Math261

Course Description form

Faculties and departments requiring this course (if any): Faculty of Science

        Department of Mathematics

Objectives:  Prefer In points

  1- To understand the relationship between Algebra and Geometry.

  2- To understand the concepts of inclination, slope, and tangent.

  3- To recognize the different formula for an equation of a line in a plane and  space.

  4- To see the difference among the distance between two points, distance from a point to a line, and a distance from a point to a plane.
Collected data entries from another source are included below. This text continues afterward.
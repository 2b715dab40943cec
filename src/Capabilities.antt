-- ===== src/Capabilities.antt =====
-- Capability negotiation: the `CAPS` message of the daemon (daemon/src/stream_server.rs), the
-- `STNG` answer of the desktop client (client/desktop/src/capabilities.rs), and the clamping of
-- what the client asks for.
pub mod Tlv
pub mod Stng
pub mod Client
pub mod Settings
pub mod Clamp
pub mod Advertise
pub mod Trip
pub mod Bounds
pub mod Negotiate
pub mod Choice
pub mod Picked
mod Tests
  5- To illustrate the difference between the standard form and the general form for an equation of a circle.

  6- To study the conic sections and to understand its translation and rotation.
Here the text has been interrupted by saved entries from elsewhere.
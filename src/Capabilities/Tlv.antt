-- ===== src/Capabilities/Tlv.antt =====
-- Tag-length-value entries: `push_tlv_entry` of daemon/src/stream_server.rs, and the loop by which
-- both parsers walk the entries.
use screx_v.Prelude.{
  ℕ, zero, suc, ◌/◌, ◌%◌, ◌^◌, ◌≡◌, refl, ◌∙◌, List, [], ◌∷◌, ◌++◌, arith, ltb, length, take, drop,
  All, Bool-cases, inl, inr, if◌then◌else◌, length-append, take-append_length, drop-append_length,
}
use mathlib.Core.List.{append_assoc}
use screx_v.Bytes.{be16, from_be16, from_be16-be16, IsU16}

pub record Entry : Type 0 where
  pub tag : ℕ
  pub value : List ℕ

abbrev pub entry_bytes : Entry → List ℕ
entry_bytes e = e.tag ∷ be16 (length e.value) ++ e.value

unfoldable pub push_tlv_entry : List ℕ → ℕ → List ℕ → List ℕ
push_tlv_entry msg tag value = msg ++ entry_bytes (record { tag = tag; value = value })

-- The bytes of several entries, one after the other.
unfoldable pub encode : List Entry → List ℕ
encode [] = []
encode (e ∷ es) = entry_bytes e ++ encode es

-- The parsers' loop: at most `n` entries are read from `rest`, the bytes from the offset on. A cut
-- entry ends the loop with what was read before it.
module _ {ℓ} {S : Type ℓ} (entry : ℕ → List ℕ → S → S) where
  unfoldable pub read_entries : ℕ → List ℕ → S → S
  read_entries zero rest s = s
  read_entries (suc n) (tag ∷ hi ∷ lo ∷ rest) s =
      let len = from_be16 hi lo in
      let more = read_entries n (drop len rest) (entry tag (take len rest) s) in
      if ltb (length rest) len then s else more
  read_entries (suc n) rest s = s

  unfoldable pub apply_entries : List Entry → S → S
  apply_entries [] s = s
  apply_entries (e ∷ es) s = apply_entries es (entry e.tag e.value s)

  -- One step of the loop on a whole entry.
  read_entries_step :
      (n : ℕ) (e : Entry) (rest : List ℕ) (s : S)
      → IsU16 (length e.value)
      → read_entries (suc n) (entry_bytes e ++ rest) s ≡ read_entries n rest (entry e.tag e.value s)
  unfolding read_entries
  read_entries_step n e rest s h =
      rw (written, take-append_length _ e.value rest refl, drop-append_length _ e.value rest refl)
        (ground (arith, length-append e.value rest))
    where
      written : from_be16 (length e.value / 2 ^ 8 % 2 ^ 8) (length e.value % 2 ^ 8) ≡ length e.value
      written = from_be16-be16 (length e.value) ∙ omega arith

  -- The loop over written entries applies each in turn, and looks at nothing behind them.
  pub read_entries-encode :
      (es : List Entry) (rest : List ℕ) (s : S)
      → All (λ e. IsU16 (length e.value)) es
      → read_entries (length es) (encode es ++ rest) s ≡ apply_entries es s
  unfolding encode apply_entries
  read_entries-encode [] rest s h = unfold read_entries in refl
  read_entries-encode (e ∷ es) rest s (he, hes) =
      rw (append_assoc e.value (encode es) rest)
        (read_entries_step (length es) e (encode es ++ rest) s he)
      ∙ read_entries-encode es rest (entry e.tag e.value s) hes

  pub apply_entries-append :
      (es fs : List Entry) (s : S)
      → apply_entries (es ++ fs) s ≡ apply_entries fs (apply_entries es s)
  unfolding apply_entries
  apply_entries-append [] fs s = refl
  apply_entries-append (e ∷ es) fs s = apply_entries-append es fs (entry e.tag e.value s)

  -- What each entry preserves, the loop preserves.
  pub read_entries-preserves {κ} :
      (P : S → Type κ)
      → ((tag : ℕ) (value : List ℕ) (s : S) → P s → P (entry tag value s))
      → (n : ℕ) (rest : List ℕ) (s : S) → P s
      → P (read_entries n rest s)
  unfolding read_entries
  read_entries-preserves P keep zero rest s h = h
  read_entries-preserves P keep (suc n) (tag ∷ hi ∷ lo ∷ rest) s h =
      let len = from_be16 hi lo in
      let next = entry tag (take len rest) s in
      elim (Bool-cases (ltb (length rest) len)) [
        | inl cut ↦ rw cut h
        | inr whole ↦
            rw whole
              (read_entries-preserves P keep n (drop len rest) next (keep tag (take len rest) s h))
      ]
  read_entries-preserves P keep (suc n) rest s h = h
  7- To understand the relationship between rectangular and polar coordinates.

  8- To study the conic sections in polar coordinates.
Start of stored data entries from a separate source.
-- ===== src/Capabilities/Stng.antt =====
-- The daemon's side of `STNG` (daemon/src/stream_server.rs): `RequestedSettings` and
-- `parse_stng_body`. The body is what follows the magic.
use screx_v.Prelude.{ℕ, Option, none, some, List, [], ◌∷◌, ◌==◌, if◌then◌else◌}
use screx_v.Bytes.{from_be16, from_be32}
use screx_v.Capabilities.Tlv.{read_entries}

-- `VideoCodec` of daemon/src/encode.rs.
pub data VideoCodec : Type 0 where
  h264 h265 : VideoCodec

abbrev pub transport_id : VideoCodec → ℕ
transport_id h264 = 0x00
transport_id h265 = 0x01

-- `none` is the daemon's own default for that field.
pub record RequestedSettings : Type 0 where
  pub width : Option ℕ
  pub height : Option ℕ
  pub fps : Option ℕ
  pub codec : Option VideoCodec
  pub bitrate_bps : Option ℕ

abbrev pub default_settings : RequestedSettings
default_settings = record {
  width = none;
  height = none;
  fps = none;
  codec = none;
  bitrate_bps = none;
}

-- The four known tags, each with the guard on its length as the pattern of the value.
unfoldable pub resolution_entry : List ℕ → RequestedSettings → RequestedSettings
resolution_entry (a ∷ b ∷ c ∷ d ∷ []) s = record s {
  width = some (from_be16 a b);
  height = some (from_be16 c d);
}
resolution_entry value s = s

unfoldable pub framerate_entry : List ℕ → RequestedSettings → RequestedSettings
framerate_entry (a ∷ []) s = record s { fps = some a }
framerate_entry value s = s

-- An unknown codec id falls back to the default.
unfoldable pub codec_of_id : ℕ → Option VideoCodec
codec_of_id id = if id == 0x00 then some h264 else if id == 0x01 then some h265 else none

unfoldable pub codec_entry : List ℕ → RequestedSettings → RequestedSettings
codec_entry (a ∷ []) s = record s { codec = codec_of_id a }
codec_entry value s = s

unfoldable pub bitrate_entry : List ℕ → RequestedSettings → RequestedSettings
bitrate_entry (a ∷ b ∷ c ∷ d ∷ []) s = record s { bitrate_bps = some (from_be32 a b c d) }
bitrate_entry value s = s

-- The `match tag` of the loop: an unknown tag, or a known one of another length, is skipped.
unfoldable pub stng_entry : ℕ → List ℕ → RequestedSettings → RequestedSettings
stng_entry tag value s =
    if tag == 0x01
    then resolution_entry value s
    else if tag == 0x02
    then framerate_entry value s
    else if tag == 0x03
    then codec_entry value s
    else if tag == 0x04
    then bitrate_entry value s
    else s

unfoldable pub parse_stng_body : List ℕ → Option RequestedSettings
parse_stng_body (version ∷ entry_count ∷ rest) =
    some (read_entries stng_entry entry_count rest default_settings)
parse_stng_body body = none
  9- To study the parametric equations.

  10- Introduction to solid analytic geometry.

  11-To introduce the concept of mathematical objects in space.

  12-To study planes, lines, spheres and various other surfaces.

Contents: Prefer In points

1- Coordinate system of two dimensions

2- Lines

3- Circles

4- Parabola, ellipse, hyperbola

5- Transformations of axes

6- Curves in polar coordinates

7- Coordinate system of three dimensions

8- Planes

9- Lines

10- Surfaces

Course Outcomes:

A-   Knowledge:

     (Specific facts and knowledge of concepts, theories, formula etc.)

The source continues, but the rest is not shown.